● **Task directions**: Where in the records does the word "loaded" occur? Copy each line in which it does.

---------- Task data ----------

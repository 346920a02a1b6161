-- ===== src/Main.antt =====
-- cmd/lts-agent/main.go: the parts of the program put together.
pub mod Published
pub mod Startup
mod Tests
use lts_agent.Base.{ℕ, ◌+◌, ◌*◌, true, Bytes, ◌++◌, some, lit}
use lts_agent.Go.Errors.{Result}
use lts_agent.Go.Action.{Action, pure, ◌>>=◌}
use lts_agent.Go.Numbers.{ℤ, pos, negsuc, of_negative}
use lts_agent.Inventory.{Report}
use lts_agent.Config.{load, default_path, Config}
use lts_agent.Client.Net.{Web, Request, Response}
use lts_agent.Client.Options.{Options}
use lts_agent.Client.Setup.{Trust, Transport, new_client}
use lts_agent.Client.{Client}
use lts_agent.Check
use lts_agent.Lbi
use lts_agent.Role
use lts_agent.System
use lts_agent.Sync.Files
use lts_agent.Sync.{synchronizer}
use lts_agent.Agent.{version, new_agent, collect_report}
use lts_agent.App.{App, CoreSynchronizer, Finished}
use lts_agent.App.Run.{run}

-- What the program takes from outside this repository: the file system, processes, the network,
-- certificates and the clock, over a state `W`. Of the dependencies only the functions count.
pub record Outside (W Pool : Type 0) : Type 0 where
  pub stdout : Bytes → Action W (Unit {0})
  pub now : W → ℕ × W
  pub os_read_file : W → Bytes → Result Bytes
  pub system : System.Dependencies W
  pub checks : Check.Dependencies W
  pub sync : Files.Dependencies W
  pub web : Web W
  pub send : Transport Pool → Request → W → Result Response × W
  pub trust : Trust W Pool

-- A number that is not negative: a loaded configuration has no other limit.
abbrev pub natural : ℤ → ℕ
natural (pos n) = n
natural (negsuc n) = 0

-- `time.Duration(n) * time.Second`, which a loaded configuration keeps within 64 bits.
abbrev pub seconds : ℤ → ℤ
seconds (pos n) = pos (n * 1000000000)
seconds (negsuc n) = of_negative ((n + 1) * 1000000000)

abbrev pub check_options : Config → Check.Options
check_options c = record {
  validation_path = c.checks.validation_path;
  health_path = c.checks.health_path;
  timeout = natural c.checks.timeout_seconds * Check.second;
  output_limit = natural c.checks.max_output_bytes;
}

abbrev pub client_options : Config → Options
client_options c = record {
  base_url = c.core.base_url;
  timeout = seconds c.core.request_timeout_seconds;
  ca_file = c.core.ca_file;
  user_agent = lit "lts-agent/" ++ version;
}

abbrev pub sync_options : Config → Files.Options
sync_options c = record {
  enabled = true;
  agent_version = version;
  machine_id_path = lit "";
  enrollment_token_file = c.core.enrollment_token_file;
  state_file = c.core.state_file;
}

module _ {W Pool : Type 0} (outside : Outside W Pool) where
  -- The functions `NewRunner` and `NewCoreSynchronizer`.
  unfoldable pub runner : Config → W → Report × W
  runner c = collect_report (
      new_agent (System.collect_system (System.new_collector outside.system))
        (λ w. (Lbi.collect_lbi (Lbi.new_collector (outside.os_read_file w)), w))
        (λ w. (Role.collect_assignment (Role.new_collector (outside.os_read_file w)), w))
        (Check.collect_checks (Check.new_collector_with_options outside.checks (check_options c))))

  -- `Sync` as the application calls it: its pointers are not nil.
  abbrev pub as_synchronizer : Config → Client W → CoreSynchronizer W
  as_synchronizer c client report w =
      let ((core, desired_state, warnings), w') =
        synchronizer client (sync_options c) outside.sync report w in
      ((some core, desired_state, warnings), w')

  unfoldable pub core_synchronizer : Config → Action W (CoreSynchronizer W)
  core_synchronizer c = do
    client ← new_client outside.web outside.send outside.trust (client_options c)
    pure (as_synchronizer c client)

  abbrev pub application : App W
  application = record {
    stdout = outside.stdout;
    load_config = λ w. (load outside.web.parse_url (outside.os_read_file w), w);
    new_runner = runner;
    new_core_synchronizer = core_synchronizer;
    now = outside.now;
    config_path = default_path;
  }

  -- `main`: the exit code and what was logged.
  unfoldable pub main : W → Finished W
  main = run application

----------

● **Exercise output**:
-- A number that is not negative: a loaded configuration has no other limit.
-- `time.Duration(n) * time.Second`, which a loaded configuration keeps within 64 bits.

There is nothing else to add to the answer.